Мучение было и в том, что мне было нужно где-то записывать стихи. В храме писать было запрещено. Можно было писать только деловые бумаги (это разрешалось, хоть и не приветствовалось), можно было писать смс, если это необходимо. Остальное приходилось решать устно. Мечтой становилась работа сторожа в детском саду, но для того, чтобы иметь право что-нибудь сторожить, нужно было отслужить в армии.
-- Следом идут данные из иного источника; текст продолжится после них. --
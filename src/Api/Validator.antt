-- ===== src/Api/Validator.antt =====
-- apps/do-an/src/modules/registrations/helpers/registration-batch-validator.service.ts.
-- An assertion returns the exception that it throws, with what the message names, or none.
pub mod Schedule
pub mod Pairing
pub mod Courses
use do_an_tot_nghiep.Base.{
  ℕ, Bool, true, false, not, ◌&&◌, ◌||◌, Option, none, some, List, [], ◌∷◌, ◌++◌, if◌then◌else◌,
  ltb, leb, ◌==◌, find, filter, length, head?,
}
use do_an_tot_nghiep.Base.Text.{Text, text_eq}
use do_an_tot_nghiep.Base.Groups.{push_all}
use do_an_tot_nghiep.Store.{
  Section, SectionType, TimeOfDay, Batch, BatchType, Db, is_waiting, is_create,
}
use do_an_tot_nghiep.Shared.WeekRange.{week_ranges_overlap}

abbrev same_type : BatchType → BatchType → Bool
same_type BatchType.create t = is_create t
same_type BatchType.cancel t = not (is_create t)

abbrev of_type : Option BatchType → BatchType → Bool
of_type none t = true
of_type (some s) t = same_type s t

-- assertNoPendingBatch: the batch that the user has to wait for.
unfoldable pub assert_no_pending_batch : ℕ → Text → Option BatchType → Db → Option Batch
assert_no_pending_batch user semester type db =
    find
      (λ b.
        b.user_id == user
        && text_eq b.semester semester
        && of_type type b.type
        && is_waiting b.status)
      db.batches

pub data SessionError : Type 0 where
  not_current not_yet_open closed : SessionError

-- The settings that it reads, their dates as instants; none for an invalid date, which no
-- comparison holds of.
pub record SessionSettings : Type 0 where
  pub current_semester : Text
  pub registration_open_at : Option ℕ
  pub registration_close_at : Option ℕ

abbrev pub is_before : ℕ → Option ℕ → Bool
is_before now none = false
is_before now (some t) = ltb now t

abbrev pub is_after : ℕ → Option ℕ → Bool
is_after now none = false
is_after now (some t) = ltb t now

-- assertRegistrationSessionOpen
unfoldable pub assert_registration_session_open : Text → SessionSettings → ℕ → Option SessionError
assert_registration_session_open semester settings now =
    if not (text_eq semester settings.current_semester)
    then some not_current
    else if is_before now settings.registration_open_at
    then some not_yet_open
    else if is_after now settings.registration_close_at
    then some closed
    else none

-- A row of a section that has a day, a time and both periods.
pub record Meeting : Type 0 where
  pub section_code : ℕ
  pub day_of_week : ℕ
  pub time_of_day : TimeOfDay
  pub start_period : ℕ
  pub end_period : ℕ
  pub week_range : Option Text

abbrev pub meeting : Section → Option ℕ → Option TimeOfDay → Option ℕ → Option ℕ → List Meeting
meeting s (some day) (some time) (some start) (some end) =
    record {
      section_code = s.section_code;
      day_of_week = day;
      time_of_day = time;
      start_period = start;
      end_period = end;
      week_range = s.week_range;
    }
    ∷ []
meeting s _ _ _ _ = []

-- rows.filter(…)
unfoldable pub scheduled : List Section → List Meeting
scheduled [] = []
scheduled (s ∷ ss) =
    meeting s s.day_of_week s.time_of_day s.start_period s.end_period ++ scheduled ss

-- The key `${row.dayOfWeek}__${row.timeOfDay}`.
abbrev pub Slot : Type 0
Slot = ℕ × TimeOfDay

abbrev pub time_eq : TimeOfDay → TimeOfDay → Bool
time_eq TimeOfDay.morning TimeOfDay.morning = true
time_eq TimeOfDay.afternoon TimeOfDay.afternoon = true
time_eq TimeOfDay.evening TimeOfDay.evening = true
time_eq _ _ = false

abbrev pub slot_eq : Slot → Slot → Bool
slot_eq (d, t) (d', t') = d == d' && time_eq t t'

abbrev pub slot_of : Meeting → Slot
slot_of m = (m.day_of_week, m.time_of_day)

-- The body of the inner loop.
unfoldable pub conflicts : Meeting → Meeting → Bool
conflicts a b =
    not (a.section_code == b.section_code)
    && (leb a.start_period b.end_period && leb b.start_period a.end_period)
    && week_ranges_overlap a.week_range b.week_range

abbrev with_first :
    Meeting → Option Meeting → Option (Meeting × Meeting) → Option (Meeting × Meeting)
with_first a none rest = rest
with_first a (some b) rest = some (a, b)

-- for (let i = 0; …) for (let j = i + 1; …)
unfoldable pub first_conflict : List Meeting → Option (Meeting × Meeting)
first_conflict [] = none
first_conflict (a ∷ rest) = with_first a (find (conflicts a) rest) (first_conflict rest)

abbrev pub or_else :
    Option (Meeting × Meeting) → Option (Meeting × Meeting) → Option (Meeting × Meeting)
or_else none rest = rest
or_else (some c) rest = some c

unfoldable pub check_groups : List (Slot × List Meeting) → Option (Meeting × Meeting)
check_groups [] = none
check_groups ((k, group) ∷ rest) =
    or_else (if ltb (length group) 2 then none else first_conflict group) (check_groups rest)

-- assertNoScheduleConflict
unfoldable pub assert_no_schedule_conflict : List Section → Option (Meeting × Meeting)
assert_no_schedule_conflict rows = check_groups (push_all slot_eq slot_of (scheduled rows) [])
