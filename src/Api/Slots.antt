-- ===== src/Api/Slots.antt =====
-- apps/do-an/src/modules/registration-slots/registration-slots.service.ts: the slots and the checks
-- that create and update make of them.
pub mod Answers
pub mod Students
pub mod Times
pub mod Accepted
pub mod Table
pub mod Examples
use do_an_tot_nghiep.Base.{
  ℕ, ◌+◌, ◌*◌, ◌-◌, Bool, true, false, not, ◌&&◌, ◌||◌, Option, none, some, List, [], ◌∷◌, ◌++◌,
  if◌then◌else◌, ltb, leb, ◌==◌, any, find, filter, update_where, is_some,
}
use do_an_tot_nghiep.Base.Text.{is_blank, Text, codes, text_eq, text_leb, text_ltb}
use do_an_tot_nghiep.Base.Chars.{is_digit, trim, digit}
use do_an_tot_nghiep.Shared.SlotWindow.{Engine, Window}
use do_an_tot_nghiep.Api.Validator.{SessionSettings, is_before, is_after}

-- RegistrationSlot
pub record Slot : Type 0 where
  pub id : ℕ
  pub semester : Text
  pub name : Option Text
  pub student_code_from : Text
  pub student_code_to : Text
  pub start_date : Text
  pub end_date : Text
  pub start_time : Text
  pub end_time : Text

abbrev pub window_of : Slot → Window
window_of s = record {
  start_date = s.start_date;
  end_date = s.end_date;
  start_time = s.start_time;
  end_time = s.end_time;
}

-- CreateSlotDto; UpdateSlotDto has the same fields, each of which may be left out.
pub record CreateSlot : Type 0 where
  pub semester : Text
  pub name : Option Text
  pub student_code_from : Text
  pub student_code_to : Text
  pub start_date : Text
  pub end_date : Text
  pub start_time : Text
  pub end_time : Text

pub record UpdateSlot : Type 0 where
  pub semester : Option Text
  pub name : Option Text
  pub student_code_from : Option Text
  pub student_code_to : Option Text
  pub start_date : Option Text
  pub end_date : Option Text
  pub start_time : Option Text
  pub end_time : Option Text

pub data SlotError : Type 0 where
  blank_code bad_date bad_time code_order date_order time_order other_semester : SlotError
  outside_window slot_not_found : SlotError
  -- The milliseconds that are left.
  not_yet : ℕ → SlotError
  not_assigned : SlotError
  upcoming : Option ℕ → SlotError
  ended : SlotError

pub data Answer (A : Type 0) : Type 0 where
  ok : A → Answer A
  err : SlotError → Answer A

infixl 5 ◌>>=◌ ◌>>◌
abbrev pub ◌>>=◌ : {A B : Type 0} → Answer A → (A → Answer B) → Answer B
ok a >>= f = f a
err e >>= f = err e

abbrev pub ◌>>◌ : {A B : Type 0} → Answer A → Answer B → Answer B
m >> k = m >>= λ _. k

abbrev refuse_if : Bool → SlotError → Answer (Unit {0})
refuse_if true e = err e
refuse_if false e = ok tt

-- normalizeStudentCode
pub normalize_student_code : Text → Answer Text
normalize_student_code value = if is_blank (trim value) then err blank_code else ok (trim value)

-- `/^\d{4}-\d{2}-\d{2}$/`
pub is_date_form : Text → Bool
is_date_form (a ∷ b ∷ c ∷ d ∷ p ∷ e ∷ f ∷ q ∷ g ∷ h ∷ []) =
    is_digit a
    && is_digit b
    && is_digit c
    && is_digit d
    && p == b'-'
    && is_digit e
    && is_digit f
    && q == b'-'
    && is_digit g
    && is_digit h
is_date_form _ = false

-- `/^\d{2}:\d{2}$/`
pub is_time_form : Text → Bool
is_time_form (a ∷ b ∷ p ∷ c ∷ d ∷ []) =
    is_digit a && is_digit b && p == b':' && is_digit c && is_digit d
is_time_form _ = false

-- `split(':').map(Number)` of such a text
pub hour_of : Text → ℕ
hour_of (a ∷ b ∷ rest) = digit a * 10 + digit b
hour_of _ = 0

pub minute_of : Text → ℕ
minute_of (a ∷ b ∷ p ∷ c ∷ d ∷ rest) = digit c * 10 + digit d
minute_of _ = 0

-- normalizeTimeString
pub normalize_time : Text → Answer Text
normalize_time value =
    let t = trim value in
    if not (is_time_form t)
    then err bad_time
    else if ltb 23 (hour_of t) || ltb 59 (minute_of t)
    then err bad_time
    else ok t

-- assertValidSlotRange, with assertValidStudentCodeRange
pub assert_valid_slot_range : Text → Text → Text → Text → Text → Text → Answer (Unit {0})
assert_valid_slot_range code_from code_to start_date end_date start_time end_time =
    if text_ltb code_to code_from
    then err code_order
    else if text_ltb end_date start_date
    then err date_order
    else if text_leb end_time start_time
    then err time_order
    else ok tt

-- assertCurrentSemester
pub assert_current_semester : Text → Text → Answer (Unit {0})
assert_current_semester semester current = refuse_if (not (text_eq semester current)) other_semester

abbrev blank_to_null : Text → Option Text
blank_to_null t = if is_blank t then none else some t

abbrev name_of : Option Text → Option Text
name_of none = none
name_of (some n) = blank_to_null (trim n)

-- `dto.f !== undefined ? normalize(dto.f) : current.f`
abbrev pub patched : (Text → Answer Text) → Option Text → Text → Answer Text
patched normalize none current = ok current
patched normalize (some value) current = normalize value

abbrev patched_name : Option Text → Option Text → Option Text
patched_name none current = current
patched_name (some n) current = blank_to_null (trim n)

abbrev trimmed : Option Text → Text → Text
trimmed none current = current
trimmed (some t) current = trim t

module _ (engine : Engine) where
  -- normalizeDateString
  pub normalize_date : Text → Answer Text
  normalize_date value =
      let t = trim value in
      if not (is_date_form t)
      then err bad_date
      else if not (engine.has_instant t (codes "00:00"))
      then err bad_date
      else ok t

  -- assertSlotWithinCurrentRegistrationWindow
  pub assert_within_window : SessionSettings → Text → Text → Text → Text → Answer (Unit {0})
  assert_within_window settings start_date end_date start_time end_time =
      refuse_if
        (is_before (engine.instant start_date start_time) settings.registration_open_at
          || is_after (engine.instant end_date end_time) settings.registration_close_at)
        outside_window

  -- What create has checked, as the row that it writes; `id` is drawn by the database.
  pub checked_slot : SessionSettings → CreateSlot → ℕ → Answer Slot
  checked_slot settings dto id = do
    assert_current_semester (trim dto.semester) settings.current_semester
    code_from ← normalize_student_code dto.student_code_from
    code_to ← normalize_student_code dto.student_code_to
    start_date ← normalize_date dto.start_date
    end_date ← normalize_date dto.end_date
    start_time ← normalize_time dto.start_time
    end_time ← normalize_time dto.end_time
    assert_valid_slot_range code_from code_to start_date end_date start_time end_time
    assert_within_window settings start_date end_date start_time end_time
    ok (record {
      id = id;
      semester = trim dto.semester;
      name = name_of dto.name;
      student_code_from = code_from;
      student_code_to = code_to;
      start_date = start_date;
      end_date = end_date;
      start_time = start_time;
      end_time = end_time;
    })

  -- What update has checked, as the row that it leaves.
  pub updated_slot : SessionSettings → UpdateSlot → Slot → Answer Slot
  updated_slot settings dto current = do
    assert_current_semester (trimmed dto.semester current.semester) settings.current_semester
    code_from ← patched normalize_student_code dto.student_code_from current.student_code_from
    code_to ← patched normalize_student_code dto.student_code_to current.student_code_to
    start_date ← patched normalize_date dto.start_date current.start_date
    end_date ← patched normalize_date dto.end_date current.end_date
    start_time ← patched normalize_time dto.start_time current.start_time
    end_time ← patched normalize_time dto.end_time current.end_time
    assert_valid_slot_range code_from code_to start_date end_date start_time end_time
    assert_within_window settings start_date end_date start_time end_time
    ok (record {
      id = current.id;
      semester = trimmed dto.semester current.semester;
      name = patched_name dto.name current.name;
      student_code_from = code_from;
      student_code_to = code_to;
      start_date = start_date;
      end_date = end_date;
      start_time = start_time;
      end_time = end_time;
    })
Всякую свободную минуту я сочинительствовал в уме и запоминал сочинённое наизустно, а потом уже, что помнил, заносил в блокноты, сидя часто в парадной, на лестнице.

Жизнь в храме нельзя предсказать, храм не маршрутка. Я видел в храме драку из-за того, что жертва одного была меньше, но благоприятнее по словам одного из духовных начальников. Принесший большую жертву (денежную) не мог открыто злиться на духовных начальников, поэтому злился на всё и всех. Пнул мой коврик, отлетел он к горшочку со священным деревом. Это было уже сильное оскорбление. Говардхан взял его за краешки одежд (так берут маленьких детей из лужи, если они испытывают лужи) и бросил его из храма прочь, в парадную.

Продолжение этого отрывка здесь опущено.